First, note that b(u,v) = 0 for any u, v from V, since u = [w,x] for
some w in V, x in L. Hence b(u,v) = b([w,x],v) = -b(x,[w,v]) = 0.
Second, we can choose a basis in L sd V consisting of root and weight
vectors. If x is from L_\alpha, v is from V_\lambda, h from the Cartan
subalgebra then
\alpha(h)*b(x,v) = b([h,x],v) = - b(x,h.v) = -\lambda(h) b(x,v)
Hence, if \alpha + \lambda <> 0, we can choose h so that
(\alpha+\lambda)(h)<>0, which yields b(x,v)=0.
The only possibility to have b(x,v)<>0 remains when x in L_\alpha, v in
V_{-\alpha}. In fact, if V is the adjoint module, such a form exists:
one can assign b(x,v) to the value of the Killing form K(x,v).
But if V is not adjoint, a nondegenerate invariant form does not exist.
Since the set of weights of the module V is different from the set of
roots, one can either find a weight in weights(V) not belonging to
roots(L), or a root in roots(L) not belonging to weights(V).

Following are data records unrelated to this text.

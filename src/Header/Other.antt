-- ===== src/Header/Other.antt =====
-- src/protocol/igmp.cpp, esp.cpp, homeplug.cpp and eapol.cpp.
use fdpi.Base.{ℕ, ◌+◌, ◌-◌, min, [], length, drop, ltb, if◌then◌else◌}
use fdpi.Wire.{Bytes, Outcome, ok, err, truncated_header, ◌>>=◌, at, be16, be32, le16, copy}

pub record Igmp : Type 0 where
  pub type : ℕ
  pub max_resp_time : ℕ
  pub checksum : ℕ
  pub group_address : Bytes

unfoldable pub decode_igmp : Bytes → ℕ → Outcome Igmp
decode_igmp data' offset =
    if ltb (length data') (offset + 8) then err truncated_header offset else do
      type ← at (drop offset data') 0
      max_resp_time ← at (drop offset data') 1
      checksum ← be16 (drop offset data') 2
      group_address ← copy (drop offset data') 4 4
      ok
          (record {
            type = type;
            max_resp_time = max_resp_time;
            checksum = checksum;
            group_address = group_address;
          })
          (offset + 8)

pub record Esp : Type 0 where
  pub spi : ℕ
  pub sequence_number : ℕ

unfoldable pub decode_esp : Bytes → ℕ → Outcome Esp
decode_esp data' offset =
    if ltb (length data') (offset + 8) then err truncated_header offset else do
      spi ← be32 (drop offset data') 0
      sequence_number ← be32 (drop offset data') 4
      ok (record { spi = spi; sequence_number = sequence_number }) (offset + 8)

pub record HomePlug : Type 0 where
  pub version : ℕ
  pub type : ℕ

unfoldable pub decode_homeplug : Bytes → ℕ → Outcome HomePlug
decode_homeplug data' offset =
    if ltb (length data') (offset + 5) then err truncated_header offset else do
      version ← at (drop offset data') 0
      type ← le16 (drop offset data') 1
      ok (record { version = version; type = type }) (offset + 5)

pub record Eapol : Type 0 where
  pub version : ℕ
  pub type : ℕ
  pub body_length : ℕ
  pub body : Bytes

-- The body is cut off at the end of the buffer.
unfoldable pub decode_eapol : Bytes → ℕ → Outcome Eapol
decode_eapol data' offset =
    if ltb (length data') (offset + 4) then err truncated_header offset else do
      version ← at (drop offset data') 0
      type ← at (drop offset data') 1
      body_length ← be16 (drop offset data') 2
      let body_bytes = min body_length (length data' - (offset + 4))
      if ltb 0 body_bytes
          then (do
            body ← copy (drop (offset + 4) data') 0 body_bytes
            ok (record { version = version; type = type; body_length = body_length; body = body })
                (offset + 4 + body_bytes))
          else ok (record { version = version; type = type; body_length = body_length; body = [] })
              (offset + 4)
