-- ===== src/Header/Icmp.antt =====
-- src/protocol/icmp.cpp: ICMP and ICMPv6 with the packet that an error message quotes.
use fdpi.Base.{
  ℕ, ◌+◌, ◌-◌, ◌*◌, ◌/◌, ◌%◌, Bool, ◌&&◌, ◌||◌, Option, none, some, length, drop, ltb, leb, ◌==◌,
  if◌then◌else◌,
}
use fdpi.Wire.{Bytes, Outcome, ok, err, truncated_header, ◌>>=◌, at, be16, be32, copy}

-- `IcmpEmbeddedInfo` and `Icmpv6EmbeddedInfo`, which differ in the length of the addresses.
pub record EmbeddedInfo : Type 0 where
  pub protocol : ℕ
  pub src_ip : Bytes
  pub dst_ip : Bytes
  pub src_port : ℕ
  pub dst_port : ℕ
  pub udp_length : ℕ
  pub udp_checksum : ℕ

-- `ICMP` and `ICMPv6`.
pub record Icmp : Type 0 where
  pub type : ℕ
  pub code : ℕ
  pub checksum : ℕ
  pub rest_of_header : ℕ
  pub embedded : Option EmbeddedInfo

unfoldable pub is_icmp_error_type : ℕ → Bool
is_icmp_error_type type = type == 3 || type == 4 || type == 5 || type == 11 || type == 12

unfoldable pub is_icmpv6_error_type : ℕ → Bool
is_icmpv6_error_type type = type == 1 || type == 2 || type == 3 || type == 4

-- The quoted transport header and the rest of the result; the offset is past the ICMP header.
unfoldable pub with_transport : Icmp → ℕ → Bytes → Bytes → Bytes → ℕ → Outcome Icmp
with_transport hdr protocol src_ip dst_ip transport offset = do
  src_port ← be16 transport 0
  dst_port ← be16 transport 2
  udp_length ← if protocol == 17 then be16 transport 4 else some 0
  udp_checksum ← if protocol == 17 then be16 transport 6 else some 0
  ok
      (record hdr {
        embedded = some (record {
          protocol = protocol;
          src_ip = src_ip;
          dst_ip = dst_ip;
          src_port = src_port;
          dst_port = dst_port;
          udp_length = udp_length;
          udp_checksum = udp_checksum;
        });
      })
      offset

-- The embedded IPv4 packet at `emb`, of which `remaining` bytes are there.
unfoldable pub embedded_ipv4 : Icmp → Bytes → ℕ → ℕ → Outcome Icmp
embedded_ipv4 hdr emb remaining offset =
    if leb 20 remaining
    then (do
      first ← at emb 0
      if first / 16 % 16 == 4 && leb 5 (first % 16) && leb (first % 16 * 4 + 8) remaining
          then (do
            protocol ← at emb 9
            src_ip ← copy emb 12 4
            dst_ip ← copy emb 16 4
            with_transport hdr protocol src_ip dst_ip (drop (first % 16 * 4) emb) offset)
          else ok hdr offset)
    else ok hdr offset

unfoldable pub embedded_ipv6 : Icmp → Bytes → ℕ → ℕ → Outcome Icmp
embedded_ipv6 hdr emb remaining offset =
    if leb 48 remaining
    then (do
      first ← at emb 0
      if first / 16 % 16 == 6
          then (do
            next_header ← at emb 6
            src_ip ← copy emb 8 16
            dst_ip ← copy emb 24 16
            with_transport hdr next_header src_ip dst_ip (drop 40 emb) offset)
          else ok hdr offset)
    else ok hdr offset

-- The eight bytes that both begin with; the rest is `more`, from the offset behind them.
unfoldable pub icmp_header : Bytes → ℕ → (Icmp → ℕ → Outcome Icmp) → Outcome Icmp
icmp_header data' offset more =
    if ltb (length data') (offset + 8) then err truncated_header offset else do
      type ← at (drop offset data') 0
      code ← at (drop offset data') 1
      checksum ← be16 (drop offset data') 2
      rest_of_header ← be32 (drop offset data') 4
      more
          (record {
            type = type;
            code = code;
            checksum = checksum;
            rest_of_header = rest_of_header;
            embedded = none;
          })
          (offset + 8)

unfoldable pub decode_icmp : Bytes → ℕ → Outcome Icmp
decode_icmp data' offset = icmp_header data' offset λ hdr o.
    if is_icmp_error_type hdr.type
    then embedded_ipv4 hdr (drop o data') (length data' - o) o
    else ok hdr o

unfoldable pub decode_icmpv6 : Bytes → ℕ → Outcome Icmp
decode_icmpv6 data' offset = icmp_header data' offset λ hdr o.
    if is_icmpv6_error_type hdr.type
    then embedded_ipv6 hdr (drop o data') (length data' - o) o
    else ok hdr o
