-- ===== src/Header/Transport.antt =====
-- src/protocol/tcp.cpp and src/protocol/udp.cpp.
use fdpi.Base.{ℕ, ◌+◌, ◌-◌, ◌*◌, ◌/◌, ◌%◌, Bool, [], some, length, drop, ltb, ◌==◌, if◌then◌else◌}
use fdpi.Wire.{
  Bytes, Outcome, ok, err, truncated_header, invalid_header_length, ◌>>=◌, at, be16, be32, copy,
}

pub record Tcp : Type 0 where
  pub src_port : ℕ
  pub dst_port : ℕ
  pub seq_num : ℕ
  pub ack_num : ℕ
  pub data_offset : ℕ
  pub flags : ℕ
  pub window : ℕ
  pub checksum : ℕ
  pub urgent_pointer : ℕ
  pub options : Bytes

-- `flags & 0x01`, `flags & 0x02` and `flags & 0x04`.
unfoldable pub fin : Tcp → Bool
fin t = t.flags % 2 == 1

unfoldable pub syn : Tcp → Bool
syn t = t.flags / 2 % 2 == 1

unfoldable pub rst : Tcp → Bool
rst t = t.flags / 4 % 2 == 1

pub record Udp : Type 0 where
  pub src_port : ℕ
  pub dst_port : ℕ
  pub len : ℕ
  pub checksum : ℕ

unfoldable pub decode_tcp : Bytes → ℕ → Outcome Tcp
decode_tcp data' offset =
    if ltb (length data') (offset + 20) then err truncated_header offset else do
      src_port ← be16 (drop offset data') 0
      dst_port ← be16 (drop offset data') 2
      seq_num ← be32 (drop offset data') 4
      ack_num ← be32 (drop offset data') 8
      first ← at (drop offset data') 12
      flags ← at (drop offset data') 13
      window ← be16 (drop offset data') 14
      checksum ← be16 (drop offset data') 16
      urgent_pointer ← be16 (drop offset data') 18
      if ltb (first / 16 % 16) 5
          then err invalid_header_length offset
          else if ltb (length data') (offset + first / 16 % 16 * 4)
          then err truncated_header offset
          else do
            options ←
                if ltb 5 (first / 16 % 16)
                then copy (drop offset data') 20 (first / 16 % 16 * 4 - 20)
                else some []
            ok
                (record {
                  src_port = src_port;
                  dst_port = dst_port;
                  seq_num = seq_num;
                  ack_num = ack_num;
                  data_offset = first / 16 % 16;
                  flags = flags;
                  window = window;
                  checksum = checksum;
                  urgent_pointer = urgent_pointer;
                  options = options;
                })
                (offset + first / 16 % 16 * 4)

unfoldable pub decode_udp : Bytes → ℕ → Outcome Udp
decode_udp data' offset =
    if ltb (length data') (offset + 8) then err truncated_header offset else do
      src_port ← be16 (drop offset data') 0
      dst_port ← be16 (drop offset data') 2
      len ← be16 (drop offset data') 4
      checksum ← be16 (drop offset data') 6
      ok (record { src_port = src_port; dst_port = dst_port; len = len; checksum = checksum })
          (offset + 8)
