-- ===== src/Link/Llc.antt =====
-- What the link-layer decoders of src/datalink.cpp return, and the LLC/SNAP header that three of
-- them end with.
use fdpi.Base.{
  ℕ, ◌+◌, Bool, false, not, ◌||◌, Option, none, [], ◌∷◌, length, drop, ltb, ◌==◌, if◌then◌else◌,
}
use fdpi.Wire.{Bytes, truncated_header, unsupported_protocol, Outcome, ok, err, ◌>>=◌, at, be16}

-- include/fdpi/protocol/wifi.hpp
pub record Wifi : Type 0 where
  pub type : ℕ
  pub subtype : ℕ
  pub to_ds : Bool
  pub from_ds : Bool
  pub protected_frame : Bool
  pub retry : Bool
  pub duration_id : ℕ
  pub addr1 : Bytes
  pub addr2 : Option Bytes
  pub addr3 : Option Bytes
  pub addr4 : Option Bytes
  pub sequence_control : ℕ

pub record LinkLayerResult : Type 0 where
  pub ether_type : ℕ
  pub has_macs : Bool
  pub src_mac : Bytes
  pub dst_mac : Bytes
  pub wifi : Option Wifi

abbrev pub zero_mac : Bytes
zero_mac = 0 ∷ 0 ∷ 0 ∷ 0 ∷ 0 ∷ 0 ∷ []

-- `LinkLayerResult result{}` with its `etherType`.
abbrev pub link : ℕ → LinkLayerResult
link ether_type = record {
  ether_type = ether_type;
  has_macs = false;
  src_mac = zero_mac;
  dst_mac = zero_mac;
  wifi = none;
}

-- `decodeLlcSnap`, with the end of its callers: the type that it reads is the result's.
unfoldable pub decode_llc_snap : Bytes → ℕ → LinkLayerResult → Outcome LinkLayerResult
decode_llc_snap data' offset result =
    if ltb (length data') (offset + 8) then err truncated_header offset else do
      dsap ← at (drop offset data') 0
      ssap ← at (drop offset data') 1
      ctrl ← at (drop offset data') 2
      if not (dsap == 170) || not (ssap == 170) || not (ctrl == 3)
          then err unsupported_protocol offset
          else (do
            ether_type ← be16 (drop offset data') 6
            ok (record result { ether_type = ether_type }) (offset + 8))
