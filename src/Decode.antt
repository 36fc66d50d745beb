-- ===== src/Decode.antt =====
-- src/decoder.cpp: a packet through its layers, and include/fdpi/packet.hpp, what is found of it.
-- The children follow the source from the link layer upwards.
pub mod Link
pub mod Network
pub mod Transport
pub mod Tunnels
pub mod Layers
pub mod Session
pub mod Applications
pub mod Bounds
use fdpi.Base.{ℕ, ◌==◌, ◌||◌, Bool, true, false, Option, none, some, List, [], ◌∷◌}
use fdpi.Wire.{Bytes}
use fdpi.Address.{IpAddress, v4, v6}
use fdpi.Flow.{FlowId}
use fdpi.Header.Ethernet.{Ethernet, VlanTag}
use fdpi.Header.Arp.{Arp, Rarp}
use fdpi.Header.Ipv4.{Ipv4}
use fdpi.Header.Ipv6.{Ipv6}
use fdpi.Header.Lldp.{Lldp}
use fdpi.Header.Other.{Igmp, Esp, HomePlug, Eapol}
use fdpi.Header.Icmp.{Icmp}
use fdpi.Header.Transport.{Tcp, Udp}
use fdpi.Link.Llc.{Wifi}

-- `Packet::layer3`
pub data Layer3 : Type 0 where
  no_layer3 : Layer3
  ipv4 : Ipv4 → Layer3
  ipv6 : Ipv6 → Layer3
  arp : Arp → Layer3
  rarp : Rarp → Layer3
  eapol : Eapol → Layer3
  lldp : Lldp → Layer3
  homeplug : HomePlug → Layer3

-- `Packet::layer4`
pub data Layer4 : Type 0 where
  no_layer4 : Layer4
  tcp : Tcp → Layer4
  udp : Udp → Layer4
  icmp : Icmp → Layer4
  icmpv6 : Icmp → Layer4
  igmp : Igmp → Layer4
  esp : Esp → Layer4

-- What the link layer sets of a packet, and the type of what it carries.
pub record Linked : Type 0 where
  pub ethernet : Option Ethernet
  pub wifi : Option Wifi
  pub vlan : Option VlanTag
  pub ether_type : ℕ

abbrev pub zero_ip : IpAddress
zero_ip = v4 (0 ∷ 0 ∷ 0 ∷ 0 ∷ [])

unfoldable pub with_addresses : FlowId → Layer3 → FlowId
with_addresses id (ipv4 h) = record id {
  src_ip = v4 h.src_ip;
  dst_ip = v4 h.dst_ip;
  protocol = h.protocol;
}
with_addresses id (ipv6 h) = record id {
  src_ip = v6 h.src_ip;
  dst_ip = v6 h.dst_ip;
  protocol = h.next_header;
}
with_addresses id _ = id

unfoldable pub with_ports : FlowId → Layer4 → FlowId
with_ports id (tcp h) = record id { src_port = h.src_port; dst_port = h.dst_port }
with_ports id (udp h) = record id { src_port = h.src_port; dst_port = h.dst_port }
with_ports id _ = id

-- `buildFlowId`
unfoldable pub build_flow_id : Layer3 → Layer4 → FlowId
build_flow_id layer3 layer4 =
    with_ports
      (with_addresses
        (record { src_ip = zero_ip; dst_ip = zero_ip; src_port = 0; dst_port = 0; protocol = 0 })
        layer3)
      layer4

abbrev pub is_vlan : ℕ → Bool
is_vlan ether_type = ether_type == 33024 || ether_type == 34984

In any
case, there is a sequence of root elements x1,...,xk such that either
xk. ... .x1.x = 0 and
x1. ... .xk.w = v for some w<>0
or vice versa
x1. ... .xk.y = x for some y<>0 and
xk. ... .x1.v = 0
In the first case we have
b(x,v) = b( x, x1.x2. ... .xk.w ) = +- b( xk. ... .x1.x, w ) = 0,
and in the second:
b(x,v) = b( x1.x2. ... .xk.y, v ) = +- b( y, xk. ... .x1.v ) = 0.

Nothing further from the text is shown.